Digital innovation is reinventing the retail experience. IT is changing the way retailers interact with customers by integrating sales and communication channels, enabling in-store digital interfaces and diversifying payment platforms.

As retailers look to fuse existing operational silos in favour of an omnichannel strategy, the role of IT is increasingly recognized as critical to achieving seamless and integrated retail experiences.

Omnichannel retailing combines the bricks and clicks aspects of retail, allowing for multiple, easily accessible retail touchpoints or channels. At the same time, it can effortlessly customize the  customer interface, based on their past purchases and preferences.

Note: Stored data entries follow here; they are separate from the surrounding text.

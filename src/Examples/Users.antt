-- ===== src/Examples/Users.antt =====
-- An account that is removed while the engine works, and while it does not.
use lamund.Prelude.{◌≡◌, refl, true, false, none, some, [], ◌∷◌, ◌==◌, codes, beq}
use lamund.Access.Session.{AuthUser}
use lamund.Api.Handler.{handled}
use lamund.Api.Admin.{check_superadmin, handle_delete_user}
use lamund.Api.Admin.Removal.{IsAdmissible, handle_delete_user-IsAdmissible}
use lamund.Store.Conn.{query, commit, exec, begin, Conn}
use lamund.Store.Accounts.{Accounts, Account}
use lamund.Store.Users.{
  owned_resources, count_owned_resources, get_account, delete_account_row, delete_from, delete_each,
  delete_user,
}
use lamund.Store.Users.Gone.{Outcome, delete_user-Outcome}

abbrev ani : Account
ani = record {
  id = 4;
  username = codes "ani";
  password_hash = codes "x";
  role = codes "member";
  disabled = false;
  name = [];
  email = [];
  theme = [];
  locale = [];
  token_version = 0;
  email_verified = true;
  approval = codes "approved";
  github_id = 0;
  google_id = [];
  mfa_secret = [];
  mfa_enabled = false;
  mfa_last_step = 0;
}

abbrev accounts : Accounts
accounts = record {
  users = ani ∷ record ani { id = 5; username = codes "budi" } ∷ [];
  quotas = [];
  api_keys = record { id = 1; user_id = 4; name = []; key_hash = codes "k" } ∷ [];
  team_members = record { team_id = 1; user_id = 5; role = codes "owner" } ∷ [];
  connections = 4 ∷ 5 ∷ [];
  recovery_codes = record { id = 1; user_id = 4; code_hash = codes "h"; used = false } ∷ [];
  sites = [];
  apps = [];
  dns_zones = [];
  next_user = 6;
  next_key = 2;
  next_code = 2;
}

-- The engine refuses its seventh statement, the deletion of the user.
abbrev on_accounts : Conn Accounts
on_accounts = record { db = accounts; undo = none; clock = 0; faults = λ n. n == 6 }

delete_user-Outcome_example : Outcome 4 on_accounts (delete_user 4 on_accounts)
delete_user-Outcome_example = delete_user-Outcome 4 on_accounts refl

-- It is gone without that fault, and its key with it.
left : ((delete_user 4 (record on_accounts { faults = λ n. false })).1).db.api_keys ≡ []
unfolding delete_user begin delete_each exec delete_from delete_account_row commit
left = refl

abbrev admin : AuthUser
admin = record { id = 5; role = codes "superadmin"; email = [] }

handle_delete_user-IsAdmissible_example :
    IsAdmissible admin
      (some 4)
      accounts
      (handled (handle_delete_user admin (some 4)) on_accounts).1.db
handle_delete_user-IsAdmissible_example =
    handle_delete_user-IsAdmissible admin (some 4) on_accounts refl

-- An account that owns nothing is removed, and the caller's account is not.
removed :
    (handled
      (handle_delete_user admin (some 4))
      (record on_accounts { faults = λ n. false })).0.status
    ≡ 200
unfolding handle_delete_user get_account query check_superadmin beq count_owned_resources
    owned_resources delete_user begin delete_each exec delete_from delete_account_row commit
removed = refl

not_own : (handled (handle_delete_user admin (some 5)) on_accounts).0.status ≡ 400
unfolding handle_delete_user
not_own = refl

Key Considerations for Omnichannel Retail Success

  • Integration: Aspiring omnichannel retailers seeking to connect inventory, supply-chain, order management & distribution, Customer Relationship Management (CRM), marketing and Point of Sale (PoS) systems are likely to face back-office technology integration challenges as traditionally these operational functions have worked autonomously. Yet centralizing these systems is key in achieving an omnichannel strategy. Currently there exists a disconnect between internal technology and business functions. Therefore retailers must align the capabilities of its IT assets with overall business strategy.
  • Investment: Technology investment is too often evaluated from the perspective of cost-reduction. Retailers need to assess the advantages IT can bring to business operations such as service innovation, customer analytics and product development. For example, centralizing all data can enable retailers to more effectively understand customer behaviour and detect purchasing trends which may not be visible to an organization that houses data by department.
  • Innovation: Innovation is quick to outdate. The industry is just beginning to trial and implement digital technologies such as mobile PoS, virtual mirrors, interactive displays and RFID inventory. As such, retailers need to implement flexible and interoperable systems that can adapt and expand with the needs of their business.

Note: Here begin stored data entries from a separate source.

-- ===== src/Vhost.antt =====
-- internal/vhost/table.go: the routing table from host names to handlers. The lock makes each
-- method one step on the map; a handler is a value of any type.
pub mod Laws
use lamund.Prelude.{
  ℕ, Bool, true, false, ◌&&◌, Option, none, some, List, [], ◌∷◌, ltb, ◌==◌, if◌then◌else◌, Bytes,
  codes, beq, length, Map, lookup, insert, delete, keys, lower, trim_suffix, split_host,
}

pub record Route (Handler : Type 0) : Type 0 where
  pub domain : Bytes
  pub handler : Handler

pub record Table (Handler : Type 0) : Type 0 where
  pub routes : Map (Route Handler)

abbrev or_self : Bytes → Option Bytes → Bytes
or_self host none = host
or_self host (some h) = h

-- The host without its port and final dot, in lower case.
unfoldable pub normalize : Bytes → Bytes
unfolding split_host lower trim_suffix beq
normalize host = lower (trim_suffix (or_self host (split_host host)) (codes "."))

-- the order of Go's texts
unfoldable pub text_le : Bytes → Bytes → Bool
text_le [] t = true
text_le (c ∷ s) [] = false
text_le (c ∷ s) (d ∷ t) = if ltb c d then true else (c == d) && text_le s t

-- sort.Strings, as an insertion sort
unfoldable pub insert_sorted : Bytes → List Bytes → List Bytes
unfolding text_le
insert_sorted a [] = a ∷ []
insert_sorted a (b ∷ l) =
    let rest = insert_sorted a l in if text_le a b then a ∷ b ∷ l else b ∷ rest

unfoldable pub sort_texts : List Bytes → List Bytes
unfolding insert_sorted
sort_texts [] = []
sort_texts (a ∷ l) = insert_sorted a (sort_texts l)

module _ {Handler : Type 0} where
  unfoldable pub new_table : Table Handler
  new_table = record { routes = [] }

  unfoldable pub get : Bytes → Table Handler → Option (Route Handler)
  get host t = if beq host [] then none else lookup (normalize host) t.routes

  unfoldable pub upsert : Route Handler → Table Handler → Table Handler
  upsert r t = record { routes = insert (normalize r.domain) r t.routes }

  unfoldable pub remove : Bytes → Table Handler → Table Handler
  remove domain t = record { routes = delete (normalize domain) t.routes }

  unfoldable pub len : Table Handler → ℕ
  len t = length t.routes

  unfoldable pub domains : Table Handler → List Bytes
  domains t = sort_texts (keys t.routes)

Navigating the Risks of Omnichannel Retail

In addition to these strategic considerations, the contract for the implementation of an omnichannel retail system needs to address a number of key commercial, operational and legal risks:

  • Operational and delivery risk including running over budget or time; incompletion; failure of system to meet business requirements; over-engineering, poor quality, inefficient maintenance; and changing requirements over time.
  • Intellectual Property Risk such as ensuring that the retailer has sufficient rights to use the system; owns any bespoke developments or innovations which give it an advantage over its competitors; and is not “locked in” to a relationship with a vendor by virtue of having no rights to use the system should it terminate its relationship with the vendor.
  • Liability risk such as protecting the retailer from third-party claims related to its use of the omnichannel system; ensuring that the retailer may bring a claim to recover its actual losses in the event of a breach by the vendor; and ensuring that the retailer’s exposure to liability from the vendor is commensurate with the fees being paid by the retailer to the vendor.

Each of these risks are significant and result in material losses caused by failure. It is essential that retailers address these risks in agreements with vendors and take great care in determining the manner in which a systems implementation is priced, vendor performance is incentivised and implementation is governed and managed.